** Record excerpts **

###

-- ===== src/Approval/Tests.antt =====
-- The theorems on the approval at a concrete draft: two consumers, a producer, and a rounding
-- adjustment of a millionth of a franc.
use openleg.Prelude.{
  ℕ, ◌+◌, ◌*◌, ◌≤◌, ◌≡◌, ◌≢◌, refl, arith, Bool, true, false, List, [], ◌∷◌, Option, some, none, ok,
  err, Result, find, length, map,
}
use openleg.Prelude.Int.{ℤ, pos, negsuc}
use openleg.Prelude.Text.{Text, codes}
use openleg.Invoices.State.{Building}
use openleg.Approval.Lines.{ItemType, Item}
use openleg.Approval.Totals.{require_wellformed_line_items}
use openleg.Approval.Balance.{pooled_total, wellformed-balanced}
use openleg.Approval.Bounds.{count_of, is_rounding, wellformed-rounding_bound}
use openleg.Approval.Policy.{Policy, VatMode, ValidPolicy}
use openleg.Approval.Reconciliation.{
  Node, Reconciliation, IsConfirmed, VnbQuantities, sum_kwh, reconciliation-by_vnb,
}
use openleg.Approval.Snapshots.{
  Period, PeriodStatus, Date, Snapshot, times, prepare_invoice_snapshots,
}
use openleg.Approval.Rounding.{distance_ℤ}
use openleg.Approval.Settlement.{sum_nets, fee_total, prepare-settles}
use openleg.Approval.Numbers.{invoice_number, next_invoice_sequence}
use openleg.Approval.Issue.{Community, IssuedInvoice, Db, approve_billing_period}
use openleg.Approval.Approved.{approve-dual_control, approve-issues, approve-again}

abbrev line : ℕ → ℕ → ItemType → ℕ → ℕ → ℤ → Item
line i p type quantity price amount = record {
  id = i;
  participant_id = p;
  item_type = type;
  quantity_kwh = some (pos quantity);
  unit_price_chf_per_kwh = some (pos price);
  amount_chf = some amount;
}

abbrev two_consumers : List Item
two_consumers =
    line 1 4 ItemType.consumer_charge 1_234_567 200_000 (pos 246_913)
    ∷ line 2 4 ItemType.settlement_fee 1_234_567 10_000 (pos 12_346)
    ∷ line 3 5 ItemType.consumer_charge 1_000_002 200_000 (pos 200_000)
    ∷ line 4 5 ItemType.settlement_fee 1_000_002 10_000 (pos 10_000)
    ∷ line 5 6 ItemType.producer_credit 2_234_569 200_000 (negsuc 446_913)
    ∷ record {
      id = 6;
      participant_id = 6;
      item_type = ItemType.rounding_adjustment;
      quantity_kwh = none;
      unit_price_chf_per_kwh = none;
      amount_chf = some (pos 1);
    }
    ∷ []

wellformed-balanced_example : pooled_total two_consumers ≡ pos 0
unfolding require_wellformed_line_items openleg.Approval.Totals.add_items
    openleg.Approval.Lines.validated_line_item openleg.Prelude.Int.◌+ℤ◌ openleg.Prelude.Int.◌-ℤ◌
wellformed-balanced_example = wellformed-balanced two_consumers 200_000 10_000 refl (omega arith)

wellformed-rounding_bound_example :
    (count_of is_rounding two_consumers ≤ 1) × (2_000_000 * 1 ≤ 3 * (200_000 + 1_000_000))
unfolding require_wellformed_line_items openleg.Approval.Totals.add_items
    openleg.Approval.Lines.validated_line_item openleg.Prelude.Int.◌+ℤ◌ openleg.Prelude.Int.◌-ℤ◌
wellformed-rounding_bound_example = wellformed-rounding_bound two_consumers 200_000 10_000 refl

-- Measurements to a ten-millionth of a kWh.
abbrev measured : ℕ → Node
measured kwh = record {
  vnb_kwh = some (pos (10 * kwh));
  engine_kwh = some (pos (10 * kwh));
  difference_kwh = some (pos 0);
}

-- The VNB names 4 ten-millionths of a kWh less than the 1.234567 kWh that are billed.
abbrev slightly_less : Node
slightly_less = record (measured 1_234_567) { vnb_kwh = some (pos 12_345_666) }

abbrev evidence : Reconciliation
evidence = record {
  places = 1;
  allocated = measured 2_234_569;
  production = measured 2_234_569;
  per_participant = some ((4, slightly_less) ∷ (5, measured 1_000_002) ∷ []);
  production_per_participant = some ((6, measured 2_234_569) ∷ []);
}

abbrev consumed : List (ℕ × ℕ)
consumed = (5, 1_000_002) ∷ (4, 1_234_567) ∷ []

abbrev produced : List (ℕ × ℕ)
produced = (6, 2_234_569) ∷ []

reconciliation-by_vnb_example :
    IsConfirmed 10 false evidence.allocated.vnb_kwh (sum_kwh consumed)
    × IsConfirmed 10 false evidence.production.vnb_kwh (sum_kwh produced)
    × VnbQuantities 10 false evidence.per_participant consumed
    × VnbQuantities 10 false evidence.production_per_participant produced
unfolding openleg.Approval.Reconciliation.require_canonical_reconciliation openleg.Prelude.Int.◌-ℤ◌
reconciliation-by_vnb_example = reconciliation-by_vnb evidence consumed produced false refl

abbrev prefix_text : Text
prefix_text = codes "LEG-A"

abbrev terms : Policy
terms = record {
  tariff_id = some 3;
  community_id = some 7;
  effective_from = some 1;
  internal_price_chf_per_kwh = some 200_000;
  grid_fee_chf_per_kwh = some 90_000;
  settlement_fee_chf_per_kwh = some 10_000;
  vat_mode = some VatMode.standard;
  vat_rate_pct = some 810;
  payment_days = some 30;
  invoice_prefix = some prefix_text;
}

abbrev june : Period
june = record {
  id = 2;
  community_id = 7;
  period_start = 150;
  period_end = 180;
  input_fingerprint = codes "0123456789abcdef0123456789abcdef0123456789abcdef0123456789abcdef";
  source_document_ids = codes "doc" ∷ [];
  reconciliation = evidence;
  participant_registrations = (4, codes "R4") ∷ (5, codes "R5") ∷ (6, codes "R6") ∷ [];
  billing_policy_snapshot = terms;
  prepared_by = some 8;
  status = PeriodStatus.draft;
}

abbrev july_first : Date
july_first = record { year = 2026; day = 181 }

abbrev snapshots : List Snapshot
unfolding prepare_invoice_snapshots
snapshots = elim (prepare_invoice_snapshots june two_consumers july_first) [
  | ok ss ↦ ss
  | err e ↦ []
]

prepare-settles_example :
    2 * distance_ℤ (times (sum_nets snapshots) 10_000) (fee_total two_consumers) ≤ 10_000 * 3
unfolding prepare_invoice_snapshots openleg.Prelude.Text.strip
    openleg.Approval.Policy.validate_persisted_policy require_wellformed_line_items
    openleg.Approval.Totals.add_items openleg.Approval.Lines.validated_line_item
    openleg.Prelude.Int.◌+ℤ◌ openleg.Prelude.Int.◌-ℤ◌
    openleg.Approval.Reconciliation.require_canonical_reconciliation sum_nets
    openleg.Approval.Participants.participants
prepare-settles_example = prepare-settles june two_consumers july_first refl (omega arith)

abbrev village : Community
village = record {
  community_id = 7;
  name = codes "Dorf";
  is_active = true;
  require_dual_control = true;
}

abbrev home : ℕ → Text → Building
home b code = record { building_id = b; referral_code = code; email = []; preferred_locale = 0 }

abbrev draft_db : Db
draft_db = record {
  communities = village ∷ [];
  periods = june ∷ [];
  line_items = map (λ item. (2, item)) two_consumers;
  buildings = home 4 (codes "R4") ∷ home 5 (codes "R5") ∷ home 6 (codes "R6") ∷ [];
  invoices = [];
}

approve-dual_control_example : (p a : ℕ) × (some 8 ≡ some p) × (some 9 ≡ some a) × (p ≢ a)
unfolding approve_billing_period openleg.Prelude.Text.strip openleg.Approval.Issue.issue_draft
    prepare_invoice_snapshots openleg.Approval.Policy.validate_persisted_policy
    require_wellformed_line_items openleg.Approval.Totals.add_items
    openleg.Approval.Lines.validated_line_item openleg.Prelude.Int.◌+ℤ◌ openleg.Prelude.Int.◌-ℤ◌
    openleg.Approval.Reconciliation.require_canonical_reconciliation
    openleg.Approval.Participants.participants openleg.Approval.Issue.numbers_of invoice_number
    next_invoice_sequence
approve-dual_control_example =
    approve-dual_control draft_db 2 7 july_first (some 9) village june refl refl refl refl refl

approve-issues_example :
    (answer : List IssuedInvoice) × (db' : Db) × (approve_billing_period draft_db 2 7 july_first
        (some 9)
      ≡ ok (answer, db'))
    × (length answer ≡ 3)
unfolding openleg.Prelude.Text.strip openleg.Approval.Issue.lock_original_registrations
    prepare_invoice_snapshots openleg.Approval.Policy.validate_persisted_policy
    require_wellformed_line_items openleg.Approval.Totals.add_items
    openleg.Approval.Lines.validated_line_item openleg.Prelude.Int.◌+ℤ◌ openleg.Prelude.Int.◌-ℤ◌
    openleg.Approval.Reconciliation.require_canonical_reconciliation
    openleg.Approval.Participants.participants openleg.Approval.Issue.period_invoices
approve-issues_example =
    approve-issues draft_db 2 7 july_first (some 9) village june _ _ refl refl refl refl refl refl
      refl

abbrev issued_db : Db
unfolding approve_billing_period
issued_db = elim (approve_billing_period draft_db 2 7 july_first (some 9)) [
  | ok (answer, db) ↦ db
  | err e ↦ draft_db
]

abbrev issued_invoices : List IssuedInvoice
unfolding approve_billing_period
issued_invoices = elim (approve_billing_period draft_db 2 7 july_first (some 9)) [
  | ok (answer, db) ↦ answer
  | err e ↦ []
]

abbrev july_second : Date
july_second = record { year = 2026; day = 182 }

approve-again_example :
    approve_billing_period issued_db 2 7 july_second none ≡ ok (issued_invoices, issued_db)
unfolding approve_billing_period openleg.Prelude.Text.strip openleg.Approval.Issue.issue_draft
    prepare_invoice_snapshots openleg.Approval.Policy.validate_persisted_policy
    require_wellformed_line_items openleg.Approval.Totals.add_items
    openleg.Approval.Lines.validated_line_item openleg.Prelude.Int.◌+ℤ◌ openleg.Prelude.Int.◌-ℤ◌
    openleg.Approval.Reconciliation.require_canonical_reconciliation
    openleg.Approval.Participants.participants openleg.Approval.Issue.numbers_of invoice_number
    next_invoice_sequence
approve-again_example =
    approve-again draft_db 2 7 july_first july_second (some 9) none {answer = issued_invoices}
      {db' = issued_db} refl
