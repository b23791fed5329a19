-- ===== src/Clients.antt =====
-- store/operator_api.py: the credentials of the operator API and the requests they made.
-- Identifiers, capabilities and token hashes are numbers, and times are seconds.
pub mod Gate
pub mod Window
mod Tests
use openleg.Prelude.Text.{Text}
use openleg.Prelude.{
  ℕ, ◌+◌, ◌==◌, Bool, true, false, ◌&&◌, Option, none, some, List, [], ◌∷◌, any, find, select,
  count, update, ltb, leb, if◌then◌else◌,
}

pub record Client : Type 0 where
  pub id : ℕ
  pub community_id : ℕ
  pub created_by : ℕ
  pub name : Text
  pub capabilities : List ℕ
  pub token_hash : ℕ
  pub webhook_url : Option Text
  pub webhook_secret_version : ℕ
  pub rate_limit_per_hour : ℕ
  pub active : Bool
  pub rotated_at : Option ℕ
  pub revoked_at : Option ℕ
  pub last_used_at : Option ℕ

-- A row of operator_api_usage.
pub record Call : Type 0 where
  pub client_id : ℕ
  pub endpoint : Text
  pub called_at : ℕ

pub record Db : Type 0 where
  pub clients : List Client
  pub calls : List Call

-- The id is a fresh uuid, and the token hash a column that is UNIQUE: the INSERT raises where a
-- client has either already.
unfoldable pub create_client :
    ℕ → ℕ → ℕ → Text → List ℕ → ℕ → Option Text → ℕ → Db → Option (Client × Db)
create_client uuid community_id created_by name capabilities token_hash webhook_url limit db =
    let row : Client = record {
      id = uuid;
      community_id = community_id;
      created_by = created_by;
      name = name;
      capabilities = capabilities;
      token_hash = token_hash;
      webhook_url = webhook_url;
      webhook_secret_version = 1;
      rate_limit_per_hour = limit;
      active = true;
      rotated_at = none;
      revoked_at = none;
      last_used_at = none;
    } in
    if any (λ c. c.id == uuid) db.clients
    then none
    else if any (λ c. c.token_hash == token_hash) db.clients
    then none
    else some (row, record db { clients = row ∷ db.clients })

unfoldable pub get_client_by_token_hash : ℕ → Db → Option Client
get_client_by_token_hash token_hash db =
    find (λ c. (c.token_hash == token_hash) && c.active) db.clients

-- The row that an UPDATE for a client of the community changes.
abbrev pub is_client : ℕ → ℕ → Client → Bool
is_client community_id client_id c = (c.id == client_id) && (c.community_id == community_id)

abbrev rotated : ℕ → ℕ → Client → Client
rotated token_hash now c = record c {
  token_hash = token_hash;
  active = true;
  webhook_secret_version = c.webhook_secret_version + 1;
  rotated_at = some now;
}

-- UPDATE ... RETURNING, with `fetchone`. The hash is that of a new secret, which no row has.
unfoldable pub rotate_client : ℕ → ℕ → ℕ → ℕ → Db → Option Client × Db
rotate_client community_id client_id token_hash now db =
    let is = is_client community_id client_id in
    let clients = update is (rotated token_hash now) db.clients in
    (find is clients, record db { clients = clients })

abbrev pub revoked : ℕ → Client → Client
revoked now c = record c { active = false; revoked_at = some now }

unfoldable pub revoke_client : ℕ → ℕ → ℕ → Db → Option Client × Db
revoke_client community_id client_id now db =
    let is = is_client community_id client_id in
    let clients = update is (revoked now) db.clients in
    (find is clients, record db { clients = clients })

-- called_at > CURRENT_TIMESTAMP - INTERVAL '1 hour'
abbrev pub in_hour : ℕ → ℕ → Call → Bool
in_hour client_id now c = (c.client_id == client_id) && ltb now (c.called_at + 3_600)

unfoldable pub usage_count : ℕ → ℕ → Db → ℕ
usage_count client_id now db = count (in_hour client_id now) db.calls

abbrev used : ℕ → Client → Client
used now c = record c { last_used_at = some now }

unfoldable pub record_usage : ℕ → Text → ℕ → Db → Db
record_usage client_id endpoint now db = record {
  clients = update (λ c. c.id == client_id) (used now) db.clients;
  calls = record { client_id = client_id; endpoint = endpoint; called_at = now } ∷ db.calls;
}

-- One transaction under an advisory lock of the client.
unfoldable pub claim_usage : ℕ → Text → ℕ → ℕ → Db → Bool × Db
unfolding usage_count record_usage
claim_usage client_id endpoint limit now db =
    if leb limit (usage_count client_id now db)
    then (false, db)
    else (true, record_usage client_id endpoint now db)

###

Note every line in the material with "unfolding" and copy it.

unfolding require_wellformed_line_items openleg.Approval.Totals.add_items
unfolding require_wellformed_line_items openleg.Approval.Totals.add_items
unfolding openleg.Approval.Reconciliation.require_canonical_reconciliation openleg.Prelude.Int.◌-ℤ◌
unfolding prepare_invoice_snapshots
unfolding prepare_invoice_snapshots openleg.Prelude.Text.strip
unfolding approve_billing_period openleg.Prelude.Text.strip openleg.Approval.Issue.issue_draft
unfolding openleg.Prelude.Text.strip openleg.Approval.Issue.lock_original_registrations
unfolding approve_billing_period
unfolding approve_billing_period
unfolding approve_billing_period openleg.Prelude.Text.strip openleg.Approval.Issue.issue_draft
unfolding usage_count record_usage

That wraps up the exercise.